- _PROBLEM STATEMENT_: All the data must be output exactly as given.
——————————
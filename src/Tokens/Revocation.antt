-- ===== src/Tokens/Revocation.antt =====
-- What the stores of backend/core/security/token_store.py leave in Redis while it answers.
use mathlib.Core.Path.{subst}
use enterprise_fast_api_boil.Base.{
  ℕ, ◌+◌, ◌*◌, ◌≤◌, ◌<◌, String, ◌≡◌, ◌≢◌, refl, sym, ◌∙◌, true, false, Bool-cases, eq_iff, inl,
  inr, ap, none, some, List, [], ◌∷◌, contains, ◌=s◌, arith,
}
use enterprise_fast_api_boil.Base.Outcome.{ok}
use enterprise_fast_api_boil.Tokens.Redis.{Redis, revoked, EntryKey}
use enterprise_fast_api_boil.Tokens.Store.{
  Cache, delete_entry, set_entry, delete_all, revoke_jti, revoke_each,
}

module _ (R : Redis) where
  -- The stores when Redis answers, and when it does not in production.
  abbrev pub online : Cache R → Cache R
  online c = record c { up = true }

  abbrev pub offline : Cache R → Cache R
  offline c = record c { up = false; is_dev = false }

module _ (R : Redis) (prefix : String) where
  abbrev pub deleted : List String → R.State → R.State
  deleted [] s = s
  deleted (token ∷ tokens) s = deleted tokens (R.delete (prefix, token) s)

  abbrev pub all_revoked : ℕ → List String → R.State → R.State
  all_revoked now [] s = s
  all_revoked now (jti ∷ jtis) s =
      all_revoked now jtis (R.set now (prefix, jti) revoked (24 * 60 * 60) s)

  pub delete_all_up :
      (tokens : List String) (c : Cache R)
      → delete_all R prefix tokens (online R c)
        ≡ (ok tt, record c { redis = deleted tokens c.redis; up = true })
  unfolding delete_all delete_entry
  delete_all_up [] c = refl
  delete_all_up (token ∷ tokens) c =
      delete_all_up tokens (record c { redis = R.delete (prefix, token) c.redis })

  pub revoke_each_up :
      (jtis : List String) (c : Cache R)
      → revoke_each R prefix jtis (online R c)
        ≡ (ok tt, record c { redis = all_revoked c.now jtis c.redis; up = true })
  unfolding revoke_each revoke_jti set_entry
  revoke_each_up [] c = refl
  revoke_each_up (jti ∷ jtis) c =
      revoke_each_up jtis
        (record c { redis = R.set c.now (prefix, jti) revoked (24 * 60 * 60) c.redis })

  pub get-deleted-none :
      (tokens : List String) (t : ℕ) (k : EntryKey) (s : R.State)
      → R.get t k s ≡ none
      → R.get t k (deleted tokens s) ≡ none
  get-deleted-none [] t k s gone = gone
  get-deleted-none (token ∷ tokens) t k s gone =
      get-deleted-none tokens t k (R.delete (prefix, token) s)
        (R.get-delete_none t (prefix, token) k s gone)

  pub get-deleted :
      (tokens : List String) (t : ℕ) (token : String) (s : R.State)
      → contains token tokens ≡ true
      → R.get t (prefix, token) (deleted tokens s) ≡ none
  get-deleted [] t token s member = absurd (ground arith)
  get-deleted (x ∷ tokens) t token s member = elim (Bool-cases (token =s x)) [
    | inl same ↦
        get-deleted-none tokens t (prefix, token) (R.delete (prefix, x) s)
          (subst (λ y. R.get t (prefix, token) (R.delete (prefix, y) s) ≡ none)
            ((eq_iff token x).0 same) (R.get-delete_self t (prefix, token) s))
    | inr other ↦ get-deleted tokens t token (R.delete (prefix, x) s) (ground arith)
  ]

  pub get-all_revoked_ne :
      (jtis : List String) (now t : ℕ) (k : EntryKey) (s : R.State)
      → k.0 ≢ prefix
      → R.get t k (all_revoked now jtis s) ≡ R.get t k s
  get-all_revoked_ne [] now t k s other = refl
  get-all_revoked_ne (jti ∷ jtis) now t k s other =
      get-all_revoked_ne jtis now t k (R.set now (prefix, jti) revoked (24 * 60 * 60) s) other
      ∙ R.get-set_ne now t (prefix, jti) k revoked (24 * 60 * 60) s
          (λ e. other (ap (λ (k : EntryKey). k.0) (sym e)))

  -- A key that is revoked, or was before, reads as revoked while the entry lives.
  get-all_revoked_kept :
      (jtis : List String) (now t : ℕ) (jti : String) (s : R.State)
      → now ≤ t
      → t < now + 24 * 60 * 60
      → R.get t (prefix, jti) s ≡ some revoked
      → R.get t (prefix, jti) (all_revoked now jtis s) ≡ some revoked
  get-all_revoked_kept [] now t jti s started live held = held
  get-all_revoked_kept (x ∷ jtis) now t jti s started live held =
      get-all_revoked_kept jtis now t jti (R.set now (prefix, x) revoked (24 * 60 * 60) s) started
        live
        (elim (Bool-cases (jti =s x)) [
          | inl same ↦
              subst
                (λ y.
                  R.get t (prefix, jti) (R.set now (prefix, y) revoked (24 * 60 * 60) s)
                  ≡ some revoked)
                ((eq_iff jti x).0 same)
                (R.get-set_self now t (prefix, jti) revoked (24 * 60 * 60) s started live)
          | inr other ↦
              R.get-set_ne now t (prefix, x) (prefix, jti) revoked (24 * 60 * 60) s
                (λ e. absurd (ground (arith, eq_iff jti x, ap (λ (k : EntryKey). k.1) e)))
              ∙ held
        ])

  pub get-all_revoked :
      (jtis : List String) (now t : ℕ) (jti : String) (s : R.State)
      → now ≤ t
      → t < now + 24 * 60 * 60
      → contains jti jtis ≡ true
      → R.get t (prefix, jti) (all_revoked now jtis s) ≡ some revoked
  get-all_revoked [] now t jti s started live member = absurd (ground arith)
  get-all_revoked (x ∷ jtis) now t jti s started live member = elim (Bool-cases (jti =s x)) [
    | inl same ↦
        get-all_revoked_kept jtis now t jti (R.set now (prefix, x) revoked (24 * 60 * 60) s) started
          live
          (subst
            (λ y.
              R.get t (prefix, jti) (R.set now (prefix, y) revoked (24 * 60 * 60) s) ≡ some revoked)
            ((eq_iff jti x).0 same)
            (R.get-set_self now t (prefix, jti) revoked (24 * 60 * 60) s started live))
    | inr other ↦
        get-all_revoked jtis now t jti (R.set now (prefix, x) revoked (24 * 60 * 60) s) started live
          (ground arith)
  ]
——————————
- _ANSWER BELOW_:
filename src/Tokens/Revocation.antt
-- ===== src/Tokens/Revocation.antt =====
-- What the stores of backend/core/security/token_store.py leave in Redis while it answers.
use mathlib.Core.Path.{subst}
use enterprise_fast_api_boil.Base.{
  ℕ, ◌+◌, ◌*◌, ◌≤◌, ◌<◌, String, ◌≡◌, ◌≢◌, refl, sym, ◌∙◌, true, false, Bool-cases, eq_iff, inl,
  inr, ap, none, some, List, [], ◌∷◌, contains, ◌=s◌, arith,
}
use enterprise_fast_api_boil.Base.Outcome.{ok}
use enterprise_fast_api_boil.Tokens.Redis.{Redis, revoked, EntryKey}
use enterprise_fast_api_boil.Tokens.Store.{
  Cache, delete_entry, set_entry, delete_all, revoke_jti, revoke_each,
}

module _ (R : Redis) where
  -- The stores when Redis answers, and when it does not in production.
  abbrev pub online : Cache R → Cache R
  online c = record c { up = true }

  abbrev pub offline : Cache R → Cache R
  offline c = record c { up = false; is_dev = false }

module _ (R : Redis) (prefix : String) where
  abbrev pub deleted : List String → R.State → R.State
  deleted [] s = s
  deleted (token ∷ tokens) s = deleted tokens (R.delete (prefix, token) s)

  abbrev pub all_revoked : ℕ → List String → R.State → R.State
  all_revoked now [] s = s
  all_revoked now (jti ∷ jtis) s =
      all_revoked now jtis (R.set now (prefix, jti) revoked (24 * 60 * 60) s)

  pub delete_all_up :
      (tokens : List String) (c : Cache R)
      → delete_all R prefix tokens (online R c)
        ≡ (ok tt, record c { redis = deleted tokens c.redis; up = true })
  unfolding delete_all delete_entry
  delete_all_up [] c = refl
  delete_all_up (token ∷ tokens) c =
      delete_all_up tokens (record c { redis = R.delete (prefix, token) c.redis })

  pub revoke_each_up :
      (jtis : List String) (c : Cache R)
      → revoke_each R prefix jtis (online R c)
        ≡ (ok tt, record c { redis = all_revoked c.now jtis c.redis; up = true })
  unfolding revoke_each revoke_jti set_entry
  revoke_each_up [] c = refl
  revoke_each_up (jti ∷ jtis) c =
      revoke_each_up jtis
        (record c { redis = R.set c.now (prefix, jti) revoked (24 * 60 * 60) c.redis })

  pub get-deleted-none :
      (tokens : List String) (t : ℕ) (k : EntryKey) (s : R.State)
      → R.get t k s ≡ none
      → R.get t k (deleted tokens s) ≡ none
  get-deleted-none [] t k s gone = gone
  get-deleted-none (token ∷ tokens) t k s gone =
      get-deleted-none tokens t k (R.delete (prefix, token) s)
        (R.get-delete_none t (prefix, token) k s gone)

  pub get-deleted :
      (tokens : List String) (t : ℕ) (token : String) (s : R.State)
      → contains token tokens ≡ true
      → R.get t (prefix, token) (deleted tokens s) ≡ none
  get-deleted [] t token s member = absurd (ground arith)
  get-deleted (x ∷ tokens) t token s member = elim (Bool-cases (token =s x)) [
    | inl same ↦
        get-deleted-none tokens t (prefix, token) (R.delete (prefix, x) s)
          (subst (λ y. R.get t (prefix, token) (R.delete (prefix, y) s) ≡ none)
            ((eq_iff token x).0 same) (R.get-delete_self t (prefix, token) s))
    | inr other ↦ get-deleted tokens t token (R.delete (prefix, x) s) (ground arith)
  ]

  pub get-all_revoked_ne :
      (jtis : List String) (now t : ℕ) (k : EntryKey) (s : R.State)
      → k.0 ≢ prefix
      → R.get t k (all_revoked now jtis s) ≡ R.get t k s
  get-all_revoked_ne [] now t k s other = refl
  get-all_revoked_ne (jti ∷ jtis) now t k s other =
      get-all_revoked_ne jtis now t k (R.set now (prefix, jti) revoked (24 * 60 * 60) s) other
      ∙ R.get-set_ne now t (prefix, jti) k revoked (24 * 60 * 60) s
          (λ e. other (ap (λ (k : EntryKey). k.0) (sym e)))

  -- A key that is revoked, or was before, reads as revoked while the entry lives.
  get-all_revoked_kept :
      (jtis : List String) (now t : ℕ) (jti : String) (s : R.State)
      → now ≤ t
      → t < now + 24 * 60 * 60
      → R.get t (prefix, jti) s ≡ some revoked
      → R.get t (prefix, jti) (all_revoked now jtis s) ≡ some revoked
  get-all_revoked_kept [] now t jti s started live held = held
  get-all_revoked_kept (x ∷ jtis) now t jti s started live held =
      get-all_revoked_kept jtis now t jti (R.set now (prefix, x) revoked (24 * 60 * 60) s) started
        live
        (elim (Bool-cases (jti =s x)) [
          | inl same ↦
              subst
                (λ y.
                  R.get t (prefix, jti) (R.set now (prefix, y) revoked (24 * 60 * 60) s)
                  ≡ some revoked)
                ((eq_iff jti x).0 same)
                (R.get-set_self now t (prefix, jti) revoked (24 * 60 * 60) s started live)
          | inr other ↦
              R.get-set_ne now t (prefix, x) (prefix, jti) revoked (24 * 60 * 60) s
                (λ e. absurd (ground (arith, eq_iff jti x, ap (λ (k : EntryKey). k.1) e)))
              ∙ held
        ])

  pub get-all_revoked :
      (jtis : List String) (now t : ℕ) (jti : String) (s : R.State)
      → now ≤ t
      → t < now + 24 * 60 * 60
      → contains jti jtis ≡ true
      → R.get t (prefix, jti) (all_revoked now jtis s) ≡ some revoked
  get-all_revoked [] now t jti s started live member = absurd (ground arith)
  get-all_revoked (x ∷ jtis) now t jti s started live member = elim (Bool-cases (jti =s x)) [
    | inl same ↦
        get-all_revoked_kept jtis now t jti (R.set now (prefix, x) revoked (24 * 60 * 60) s) started
          live
          (subst
            (λ y.
              R.get t (prefix, jti) (R.set now (prefix, y) revoked (24 * 60 * 60) s) ≡ some revoked)
            ((eq_iff jti x).0 same)
            (R.get-set_self now t (prefix, jti) revoked (24 * 60 * 60) s started live))
    | inr other ↦
        get-all_revoked jtis now t jti (R.set now (prefix, x) revoked (24 * 60 * 60) s) started live
          (ground arith)
  ]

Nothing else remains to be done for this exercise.